◆ DIRECTIONS FOR THIS TASK
The lines below starting at the line containing "NULL equals nothing." and ending at the line containing "abbrev pub insert_row : OutboxMessage" are to be repeated exactly, with both ends kept and nothing else added.

◆ EXERCISE INPUTS
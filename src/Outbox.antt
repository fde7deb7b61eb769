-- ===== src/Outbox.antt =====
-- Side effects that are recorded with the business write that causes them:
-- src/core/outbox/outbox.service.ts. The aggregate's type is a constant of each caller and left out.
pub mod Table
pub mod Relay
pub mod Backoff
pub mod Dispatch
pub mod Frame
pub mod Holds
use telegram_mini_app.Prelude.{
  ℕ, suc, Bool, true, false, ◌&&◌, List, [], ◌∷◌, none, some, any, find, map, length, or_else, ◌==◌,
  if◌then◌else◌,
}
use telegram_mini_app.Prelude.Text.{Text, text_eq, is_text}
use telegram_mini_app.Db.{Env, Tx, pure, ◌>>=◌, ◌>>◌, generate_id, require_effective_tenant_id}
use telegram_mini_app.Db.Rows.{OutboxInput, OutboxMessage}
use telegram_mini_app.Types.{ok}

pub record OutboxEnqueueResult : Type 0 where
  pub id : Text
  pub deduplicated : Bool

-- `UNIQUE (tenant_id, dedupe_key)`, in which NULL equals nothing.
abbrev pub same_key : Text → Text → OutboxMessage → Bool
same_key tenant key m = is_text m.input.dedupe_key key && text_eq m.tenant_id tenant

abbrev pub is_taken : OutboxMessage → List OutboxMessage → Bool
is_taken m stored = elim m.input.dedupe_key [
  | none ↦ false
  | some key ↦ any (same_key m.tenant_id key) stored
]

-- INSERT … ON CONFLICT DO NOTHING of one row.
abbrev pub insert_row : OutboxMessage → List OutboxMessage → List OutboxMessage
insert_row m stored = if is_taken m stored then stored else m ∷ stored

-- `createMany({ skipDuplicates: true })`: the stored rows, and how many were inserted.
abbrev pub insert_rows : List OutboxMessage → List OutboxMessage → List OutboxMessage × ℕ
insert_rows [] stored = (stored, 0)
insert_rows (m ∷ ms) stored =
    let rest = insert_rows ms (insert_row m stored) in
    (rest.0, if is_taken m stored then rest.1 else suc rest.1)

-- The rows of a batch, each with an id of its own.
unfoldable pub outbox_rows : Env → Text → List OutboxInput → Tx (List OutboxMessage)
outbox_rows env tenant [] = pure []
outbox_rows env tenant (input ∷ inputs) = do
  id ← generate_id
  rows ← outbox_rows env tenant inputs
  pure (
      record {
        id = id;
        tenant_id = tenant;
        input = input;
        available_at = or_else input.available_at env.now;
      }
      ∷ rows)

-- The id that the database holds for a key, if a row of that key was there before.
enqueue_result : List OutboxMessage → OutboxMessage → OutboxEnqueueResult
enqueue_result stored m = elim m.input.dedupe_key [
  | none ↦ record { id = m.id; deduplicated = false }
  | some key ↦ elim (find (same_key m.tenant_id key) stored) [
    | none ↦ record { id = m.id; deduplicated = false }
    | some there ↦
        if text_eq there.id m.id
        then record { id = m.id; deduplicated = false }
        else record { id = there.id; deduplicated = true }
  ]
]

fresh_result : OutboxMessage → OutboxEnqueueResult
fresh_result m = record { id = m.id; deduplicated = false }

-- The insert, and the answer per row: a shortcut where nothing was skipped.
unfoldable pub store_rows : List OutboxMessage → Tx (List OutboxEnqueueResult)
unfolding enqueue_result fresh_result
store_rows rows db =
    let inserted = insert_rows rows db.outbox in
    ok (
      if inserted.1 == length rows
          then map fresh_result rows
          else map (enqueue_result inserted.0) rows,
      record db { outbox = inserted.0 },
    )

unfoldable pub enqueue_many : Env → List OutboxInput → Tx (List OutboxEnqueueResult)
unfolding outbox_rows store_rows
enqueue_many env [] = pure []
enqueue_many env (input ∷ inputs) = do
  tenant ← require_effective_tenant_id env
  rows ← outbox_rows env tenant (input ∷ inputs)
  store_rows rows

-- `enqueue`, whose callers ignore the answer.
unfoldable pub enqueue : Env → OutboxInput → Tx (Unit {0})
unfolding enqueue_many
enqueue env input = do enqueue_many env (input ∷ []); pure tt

◆ YOUR SOLUTION
-- `UNIQUE (tenant_id, dedupe_key)`, in which NULL equals nothing.
abbrev pub same_key : Text → Text → OutboxMessage → Bool
same_key tenant key m = is_text m.input.dedupe_key key && text_eq m.tenant_id tenant

abbrev pub is_taken : OutboxMessage → List OutboxMessage → Bool
is_taken m stored = elim m.input.dedupe_key [
  | none ↦ false
  | some key ↦ any (same_key m.tenant_id key) stored
]

-- INSERT … ON CONFLICT DO NOTHING of one row.
abbrev pub insert_row : OutboxMessage → List OutboxMessage → List OutboxMessage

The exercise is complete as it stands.